Each of the records must appear again, exactly as it was written.
[[ Source data open ]]
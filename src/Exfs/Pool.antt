-- ===== src/Exfs/Pool.antt =====
-- source/core/exfs/exfs.c: the pool that the extent lists of all files share.
pub mod Slots
pub mod Reserve
pub mod Sort
pub mod Pack
pub mod Compact
use xasmos.Base.{
  ℕ, zero, suc, ◌+◌, ◌-◌, ◌*◌, ◌/◌, ◌%◌, ◌^◌, Bool, true, false, not, ◌&&◌, Option, none, some, ltb,
  ◌==◌, if◌then◌else◌, update, for_up,
}
use xasmos.Bitmap.{Bits, test, mark, clear}
use xasmos.Exfs.Superblock.{inodes}
use xasmos.Exfs.Volume.{ExfsFile, ExfsExtent, Nodes, pool_ext, set_file, fext}

abbrev pub pool_min_cap : ℕ
pool_min_cap = 8

unfoldable pub pool_is_used : Bits → ℕ → Bool
pool_is_used used i = test used i

unfoldable pub pool_mark : ℕ → ℕ → Bool → Bits → Bits
pool_mark off zero on used = used
pool_mark off (suc cap) on used =
    pool_mark (off + 1) cap on (if on then mark used off else clear used off)

-- The loop of `pool_find`: rounds left, index, and the length of the free run before it.
unfoldable pub pool_find_from : ℕ → ℕ → ℕ → ℕ → Bits → Option ℕ
pool_find_from zero i run cap used = none
pool_find_from (suc n) i run cap used =
    let restart = pool_find_from n (i + 1) 0 cap used in
    let rest = pool_find_from n (i + 1) (run + 1) cap used in
    if pool_is_used used i then restart else if run + 1 == cap then some (i + 1 - cap) else rest

unfoldable pub pool_find : ℕ → Bits → Option ℕ
pool_find cap used = pool_find_from pool_ext 0 0 cap used

-- The first loop of `pool_compact`: `order` and `cnt`.
unfoldable pub collect : ℕ → ℕ → (ℕ → ExfsFile) → (ℕ → ℕ) × ℕ → (ℕ → ℕ) × ℕ
collect zero i files o = o
collect (suc n) i files (order, cnt) = collect n (i + 1) files (
    if (files i).used && ltb 0 (files i).ext_cap
    then (update order cnt i, cnt + 1)
    else (order, cnt))

-- while (b > 0 && files[order[b - 1]].ext_off > files[x].ext_off): `b` and `order`
unfoldable pub sift : ℕ → ℕ → (ℕ → ExfsFile) → (ℕ → ℕ) → ℕ × (ℕ → ℕ)
sift zero x files order = (zero, order)
sift (suc b) x files order =
    let rest = sift b x files (update order (suc b) (order b)) in
    if ltb (files x).ext_off (files (order b)).ext_off then rest else (suc b, order)

-- The body of the sorting loop.
unfoldable pub insert_at : ℕ → (ℕ → ExfsFile) → (ℕ → ℕ) → (ℕ → ℕ)
insert_at a files order =
    let x = order a in let (b, shifted) = sift a x files order in update shifted b x

unfoldable pub sort_order : ℕ → (ℕ → ExfsFile) → (ℕ → ℕ) → (ℕ → ℕ)
sort_order cnt files order = for_up (cnt - 1) 1 (λ a o. insert_at a files o) order

-- The forward copy of one slice to `cursor`.
unfoldable pub copy_slice : ℕ → ℕ → ℕ → ℕ → (ℕ → ExfsExtent) → (ℕ → ExfsExtent)
copy_slice zero k cursor off pool = pool
copy_slice (suc n) k cursor off pool =
    copy_slice n (k + 1) cursor off (update pool (cursor + k) (pool (off + k)))

abbrev pub place_slice : ℕ → ℕ → Nodes → Nodes
place_slice i cursor s =
    let f = s.files i in
    if f.ext_off == cursor
    then s
    else (set_file i (record f { ext_off = cursor })
        (record s { pool = copy_slice f.n 0 cursor f.ext_off s.pool }))

-- The body of the packing loop; `cursor` comes first.
unfoldable pub pack : ℕ → ℕ × Nodes → ℕ × Nodes
pack i (cursor, s) =
    let s' = place_slice i cursor s in
    let f = s'.files i in
    (
      (cursor + f.ext_cap) % 2 ^ 32,
      record s' { pool_used = pool_mark f.ext_off f.ext_cap true s'.pool_used },
    )

-- The packing loop, over the files in `order` from `a` on.
unfoldable pub pack_from : ℕ → ℕ → (ℕ → ℕ) → ℕ × Nodes → ℕ × Nodes
pack_from zero a order c = c
pack_from (suc n) a order c = pack_from n (a + 1) order (pack (order a) c)

abbrev pub clear_pool : Nodes → Nodes
clear_pool s = record s { pool_used = λ i. if ltb i (pool_ext / 8) then 0 else s.pool_used i }

-- The array `order` starts undefined: its cells are a parameter.
unfoldable pub pool_compact : (ℕ → ℕ) → Nodes → Nodes
pool_compact junk s =
    let (order, cnt) = collect inodes 0 s.files (junk, 0) in
    (pack_from cnt 0 (sort_order cnt s.files order) (0, clear_pool s)).1

-- while (c < n) c <<= 1, with a bound on its rounds
unfoldable pub double_cap : ℕ → ℕ → ℕ → Option ℕ
double_cap zero c n = if ltb c n then none else some c
double_cap (suc fuel) c n =
    let rest = double_cap fuel (c * 2 % 2 ^ 32) n in if ltb c n then rest else some c

unfoldable pub slice_cap_for : ℕ → Option ℕ
slice_cap_for n = double_cap 28 pool_min_cap n

-- A slice of the pool: its offset and capacity.
pub record Slice : Type 0 where
  pub off : ℕ
  pub cap : ℕ

abbrev pub reserve_at : ℕ → Option ℕ → Nodes → Option Slice × Nodes
reserve_at cap none s = (none, s)
reserve_at cap (some off) s = (
  some (record { off = off; cap = cap }),
  record s { pool_used = pool_mark off cap true s.pool_used },
)

-- The part after the first search.
unfoldable pub reserve_in : (ℕ → ℕ) → ℕ → Option ℕ → Nodes → Option Slice × Nodes
reserve_in junk cap (some off) s = reserve_at cap (some off) s
reserve_in junk cap none s =
    let s' = pool_compact junk s in reserve_at cap (pool_find cap s'.pool_used) s'

unfoldable pub reserve_cap : (ℕ → ℕ) → Option ℕ → Nodes → Option Slice × Nodes
reserve_cap junk none s = (none, s)
reserve_cap junk (some cap) s = reserve_in junk cap (pool_find cap s.pool_used) s

-- `none` is EXFS_ENOMEM. A list of more than 2^31 extents, for which no capacity is found, does not
-- occur: callers pass at most EXFS_MAX_EXT.
unfoldable pub pool_reserve : (ℕ → ℕ) → ℕ → Nodes → Option Slice × Nodes
pool_reserve junk n s =
    let found = reserve_cap junk (slice_cap_for n) s in
    if n == 0 then (some (record { off = 0; cap = 0 }), s) else found

unfoldable pub pool_release : ℕ → ℕ → Nodes → Nodes
pool_release off cap s = record s { pool_used = pool_mark off cap false s.pool_used }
[[ Source data closed ]]
Solved problem
filename src/Exfs/Pool.antt
-- ===== src/Exfs/Pool.antt =====
-- source/core/exfs/exfs.c: the pool that the extent lists of all files share.
pub mod Slots
pub mod Reserve
pub mod Sort
pub mod Pack
pub mod Compact
use xasmos.Base.{
  ℕ, zero, suc, ◌+◌, ◌-◌, ◌*◌, ◌/◌, ◌%◌, ◌^◌, Bool, true, false, not, ◌&&◌, Option, none, some, ltb,
  ◌==◌, if◌then◌else◌, update, for_up,
}
use xasmos.Bitmap.{Bits, test, mark, clear}
use xasmos.Exfs.Superblock.{inodes}
use xasmos.Exfs.Volume.{ExfsFile, ExfsExtent, Nodes, pool_ext, set_file, fext}

abbrev pub pool_min_cap : ℕ
pool_min_cap = 8

unfoldable pub pool_is_used : Bits → ℕ → Bool
pool_is_used used i = test used i

unfoldable pub pool_mark : ℕ → ℕ → Bool → Bits → Bits
pool_mark off zero on used = used
pool_mark off (suc cap) on used =
    pool_mark (off + 1) cap on (if on then mark used off else clear used off)

-- The loop of `pool_find`: rounds left, index, and the length of the free run before it.
unfoldable pub pool_find_from : ℕ → ℕ → ℕ → ℕ → Bits → Option ℕ
pool_find_from zero i run cap used = none
pool_find_from (suc n) i run cap used =
    let restart = pool_find_from n (i + 1) 0 cap used in
    let rest = pool_find_from n (i + 1) (run + 1) cap used in
    if pool_is_used used i then restart else if run + 1 == cap then some (i + 1 - cap) else rest

unfoldable pub pool_find : ℕ → Bits → Option ℕ
pool_find cap used = pool_find_from pool_ext 0 0 cap used

-- The first loop of `pool_compact`: `order` and `cnt`.
unfoldable pub collect : ℕ → ℕ → (ℕ → ExfsFile) → (ℕ → ℕ) × ℕ → (ℕ → ℕ) × ℕ
collect zero i files o = o
collect (suc n) i files (order, cnt) = collect n (i + 1) files (
    if (files i).used && ltb 0 (files i).ext_cap
    then (update order cnt i, cnt + 1)
    else (order, cnt))

-- while (b > 0 && files[order[b - 1]].ext_off > files[x].ext_off): `b` and `order`
unfoldable pub sift : ℕ → ℕ → (ℕ → ExfsFile) → (ℕ → ℕ) → ℕ × (ℕ → ℕ)
sift zero x files order = (zero, order)
sift (suc b) x files order =
    let rest = sift b x files (update order (suc b) (order b)) in
    if ltb (files x).ext_off (files (order b)).ext_off then rest else (suc b, order)

-- The body of the sorting loop.
unfoldable pub insert_at : ℕ → (ℕ → ExfsFile) → (ℕ → ℕ) → (ℕ → ℕ)
insert_at a files order =
    let x = order a in let (b, shifted) = sift a x files order in update shifted b x

unfoldable pub sort_order : ℕ → (ℕ → ExfsFile) → (ℕ → ℕ) → (ℕ → ℕ)
sort_order cnt files order = for_up (cnt - 1) 1 (λ a o. insert_at a files o) order

-- The forward copy of one slice to `cursor`.
unfoldable pub copy_slice : ℕ → ℕ → ℕ → ℕ → (ℕ → ExfsExtent) → (ℕ → ExfsExtent)
copy_slice zero k cursor off pool = pool
copy_slice (suc n) k cursor off pool =
    copy_slice n (k + 1) cursor off (update pool (cursor + k) (pool (off + k)))

abbrev pub place_slice : ℕ → ℕ → Nodes → Nodes
place_slice i cursor s =
    let f = s.files i in
    if f.ext_off == cursor
    then s
    else (set_file i (record f { ext_off = cursor })
        (record s { pool = copy_slice f.n 0 cursor f.ext_off s.pool }))

-- The body of the packing loop; `cursor` comes first.
unfoldable pub pack : ℕ → ℕ × Nodes → ℕ × Nodes
pack i (cursor, s) =
    let s' = place_slice i cursor s in
    let f = s'.files i in
    (
      (cursor + f.ext_cap) % 2 ^ 32,
      record s' { pool_used = pool_mark f.ext_off f.ext_cap true s'.pool_used },
    )

-- The packing loop, over the files in `order` from `a` on.
unfoldable pub pack_from : ℕ → ℕ → (ℕ → ℕ) → ℕ × Nodes → ℕ × Nodes
pack_from zero a order c = c
pack_from (suc n) a order c = pack_from n (a + 1) order (pack (order a) c)

abbrev pub clear_pool : Nodes → Nodes
clear_pool s = record s { pool_used = λ i. if ltb i (pool_ext / 8) then 0 else s.pool_used i }

-- The array `order` starts undefined: its cells are a parameter.
unfoldable pub pool_compact : (ℕ → ℕ) → Nodes → Nodes
pool_compact junk s =
    let (order, cnt) = collect inodes 0 s.files (junk, 0) in
    (pack_from cnt 0 (sort_order cnt s.files order) (0, clear_pool s)).1

-- while (c < n) c <<= 1, with a bound on its rounds
unfoldable pub double_cap : ℕ → ℕ → ℕ → Option ℕ
double_cap zero c n = if ltb c n then none else some c
double_cap (suc fuel) c n =
    let rest = double_cap fuel (c * 2 % 2 ^ 32) n in if ltb c n then rest else some c

unfoldable pub slice_cap_for : ℕ → Option ℕ
slice_cap_for n = double_cap 28 pool_min_cap n

-- A slice of the pool: its offset and capacity.
pub record Slice : Type 0 where
  pub off : ℕ
  pub cap : ℕ

abbrev pub reserve_at : ℕ → Option ℕ → Nodes → Option Slice × Nodes
reserve_at cap none s = (none, s)
reserve_at cap (some off) s = (
  some (record { off = off; cap = cap }),
  record s { pool_used = pool_mark off cap true s.pool_used },
)

-- The part after the first search.
unfoldable pub reserve_in : (ℕ → ℕ) → ℕ → Option ℕ → Nodes → Option Slice × Nodes
reserve_in junk cap (some off) s = reserve_at cap (some off) s
reserve_in junk cap none s =
    let s' = pool_compact junk s in reserve_at cap (pool_find cap s'.pool_used) s'

unfoldable pub reserve_cap : (ℕ → ℕ) → Option ℕ → Nodes → Option Slice × Nodes
reserve_cap junk none s = (none, s)
reserve_cap junk (some cap) s = reserve_in junk cap (pool_find cap s.pool_used) s

-- `none` is EXFS_ENOMEM. A list of more than 2^31 extents, for which no capacity is found, does not
-- occur: callers pass at most EXFS_MAX_EXT.
unfoldable pub pool_reserve : (ℕ → ℕ) → ℕ → Nodes → Option Slice × Nodes
pool_reserve junk n s =
    let found = reserve_cap junk (slice_cap_for n) s in
    if n == 0 then (some (record { off = 0; cap = 0 }), s) else found

unfoldable pub pool_release : ℕ → ℕ → Nodes → Nodes
pool_release off cap s = record s { pool_used = pool_mark off cap false s.pool_used }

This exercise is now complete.